After lunch there want much else to do but try out the recreation centre (with heated pool). We splooped around in that for a while, then we filled half an hour in the empty games room. Elf and Marcus explored variations on badminton while Michael and I tried a new combination of cricket and indoor lawn bowls, that has no chance whatever of catching on. By this stage the rain had almost stopped and we walked to dinner unhurriedly. The wallabies were out and also the smaller ones which we have decided to call pademelons though they may be bettongs.

I can't talk about the rest of the evening as it involved a Richmond game on TV.

Lake Pedder - day 1

Elf heard that the Lake Pedder Chalet was closing its doors to visitors. It is owned by the Hydro-Electric Commission, and from now on its a staff-only deal. It's the only accommodation in that whole area, so it seemed like we would have to grab the chance now if we wanted to go there. So this weekend we did.

Elf and the boys picked me up from work at 3 on Friday afternoon, and we were west of Maydena by the time it got dark. It took us about three hours driving, as the road is winding and narrow and it was raining pretty solidly. There was much wildlife about, including a possum on the road who did not notice us until Elf slowed down to walking pace, rolled up to him and honked.

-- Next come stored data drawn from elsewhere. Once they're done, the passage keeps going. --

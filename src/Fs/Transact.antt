-- ===== src/Fs/Transact.antt =====
-- The steps of src/fs.c that log a block, in an open transaction of src/log.c.
use pinky_os.Prelude.{ℕ, ◌+◌, ◌^◌, ◌≤◌, ◌<◌, ◌≡◌, refl, sym, ap, ◌∙◌, arith, replicate}
use pinky_os.Outcome.{Outcome, ok, panic, waits, ◌>>=◌}
use pinky_os.Ide.{Block, Disk}
use pinky_os.Bio.{Store, bread, brelse, fill}
use pinky_os.Bio.Coherence.{visible}
use pinky_os.Bio.Rewrite.{overlay}
use pinky_os.Log.{Log, log_write}
use pinky_os.Log.Session.{alter, Txn}
use pinky_os.Log.Transaction.{alter_lem}
use pinky_os.Log.Look.{look_at}
use pinky_os.Fs.{Fs, release_block, log_block, bzero}

-- A transaction that goes on with at most m sectors more, and what is seen below the log then.
pub record After (d0 : Disk) (fs : Fs) (m : ℕ) (view : ℕ → Block) (fs' : Fs) : Type 0 where
  pub txn : Txn d0 fs'.log fs'.store
  pub more : fs'.log.n ≤ fs.log.n + m
  pub start : fs'.log.start ≡ fs.log.start
  pub inodes : fs'.inode ≡ fs.inode
  pub seen : (j : ℕ) → j < fs.log.start → visible fs'.store j ≡ view j

-- `log_write` and `brelse` on the store and the log, and on all of `Fs`.
release_step :
    (fs : Fs) (i : ℕ) (lg : Log) (s : Store) (out : Log × Store) (q : Outcome Store)
    → brelse s i ≡ q
    → (q >>= λ s. ok (lg, s)) ≡ ok out
    → release_block (record fs { store = s; log = lg }) i
      ≡ ok (record fs { store = out.1; log = out.0 })
release_step fs i lg s out (ok t) h e =
    rw h (
      ap (λ (o : Outcome (Log × Store)). o >>= λ (lg, s). ok (record fs { store = s; log = lg })) e)
release_step fs i lg s out (panic m) h e = cc
release_step fs i lg s out waits h e = cc

log_release :
    (fs : Fs) (i : ℕ) (o : Outcome (Log × Store)) (out : Log × Store)
    → (o >>= λ (lg, s). brelse s i >>= λ s. ok (lg, s)) ≡ ok out
    → ((o >>= λ (lg, s). ok (record fs { store = s; log = lg })) >>= λ fs. release_block fs i)
      ≡ ok (record fs { store = out.1; log = out.0 })
log_release fs i (panic m) out e = cc
log_release fs i waits out e = cc
log_release fs i (ok (lg, s)) out e = release_step fs i lg s out (brelse s i) refl e

-- A block that has been read is changed, logged and released.
pub change_lem :
    {d0 : Disk} (fs : Fs) (k : ℕ) (change : Block → Block) (one : ℕ × Store)
    → Txn d0 fs.log fs.store
    → fs.log.n ≤ 7
    → k < fs.log.start
    → fs.log.start ≤ 2 ^ 32
    → bread fs.store 1 k ≡ ok one
    → (fs' : Fs) × ((log_block
            (record fs { store = fill one.1 one.0 (change (one.1.buf one.0).bytes) })
            one.0
          >>= λ fs. release_block fs one.0)
        ≡ ok fs')
      × After d0 fs 1 (overlay (visible fs.store) k (change (visible fs.store k))) fs'
unfolding alter
change_lem {d0} fs k change one t few low word e =
    let (s', r, t', m, v) = alter_lem t few k low change (omega arith) in
    let f = fill one.1 one.0 (change (one.1.buf one.0).bytes) in
    let r' : (log_write f fs.log one.0 >>= λ (lg, s). brelse s one.0 >>= λ s. ok (lg, s))
        ≡ ok (_, s') =
      (sym (
          ap
            (λ (o : Outcome (ℕ × Store)). o >>= λ (i, s).
              log_write (fill s i (change (s.buf i).bytes)) fs.log i >>= λ (lg, s).
              brelse s i >>= λ s. ok (lg, s))
            e)
        ∙ r) in
    (
      record fs { store = s'; log = _ },
      log_release (record fs { store = f }) one.0 (log_write f fs.log one.0) (_, s') r',
      record { txn = t'; more = m; start = refl; inodes = refl; seen = v },
    )

-- In a transaction of at most seven sectors, bzero of a block below the log returns, and the block is
-- then seen to hold zeros.
pub bzero_lem :
    {d0 : Disk} (fs : Fs) (k : ℕ)
    → Txn d0 fs.log fs.store
    → fs.log.n ≤ 7
    → k < fs.log.start
    → fs.log.start ≤ 2 ^ 32
    → (fs' : Fs) × (bzero fs 1 k ≡ ok fs')
      × After d0 fs 1 (overlay (visible fs.store) k (replicate 512 0)) fs'
unfolding bzero
bzero_lem fs k t few low word =
    let (one, s, e, bytes, rel, t2, view) = look_at k t (omega arith) low in
    let (fs', r, a) = change_lem fs k (λ b. replicate 512 0) one t few low word e in
    (fs', rw e r, a)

Lake Pedder gets 3 metres of rain a year. We have had buckets of rain over the last 3 weeks down in Hobart, so we were well acclimatised. Its the kind of place where fenceposts have grass growing out of the top of them. The Chalet is in the virtual ghost town of Strathgordon - the end of the road, from civilisation into the South West wilderness. Most of the population, along with their demountable houses, shops, school, church and supermarket, moved on to the next dam project once this one was built.

What we now call Lake Pedder is a man-made lake that was formed in 1974 when the Huon and Serpentine rivers were dammed. A huge area was flooded, including a beautiful small lake with an amazing white beach. This was the original Lake Pedder - what is there now bears no resemblance, and really should have been given some other name I think. I have just checked Wikipedia and some people are keen to call it the "Huon-Serpentine impoundment" - but I can tell you I have never heard anyone call it that. The dam controversy is fascinating but I will actually stick to describing our trip.

We arrived just in time for dinner. Our unit was newish, very nicely set up with everything you could want, (including tumbledryer in the laundry) but with one thing we did not want - a horrid smell of damp. I got used to it (Elf didn't) but each time I came in from outside it got me again. When Elf asked if we could move into one of the other vacant units the manager admitted that they all smell just as bad, due to some stuff-up when they were built. There was a queen size in the bedroom, and a couple of single mattresses to plonk on the living room floor.

We strolled (in light rain) down to the Chalet itself for dinner. Its basically a mess hall with a civilised recreation room off one end and a lounge bar up the other end. Through the wall is the blokes bar - you would imagine things got pretty lively in there in the old days. The side of the building facing the lake is practically all glass, and the view is pretty amazing.


There is a menu, but most people seemed to have the buffet and we did too. The food was pretty good, considering how far we were from anything.

Back at the unit (quick stroll through medium drizzle) the boys watched the first quarter of the footy on TV with us then we put them in the big bed. We watched the the rest of it and read then zonked out. Wallabies hopped about outside.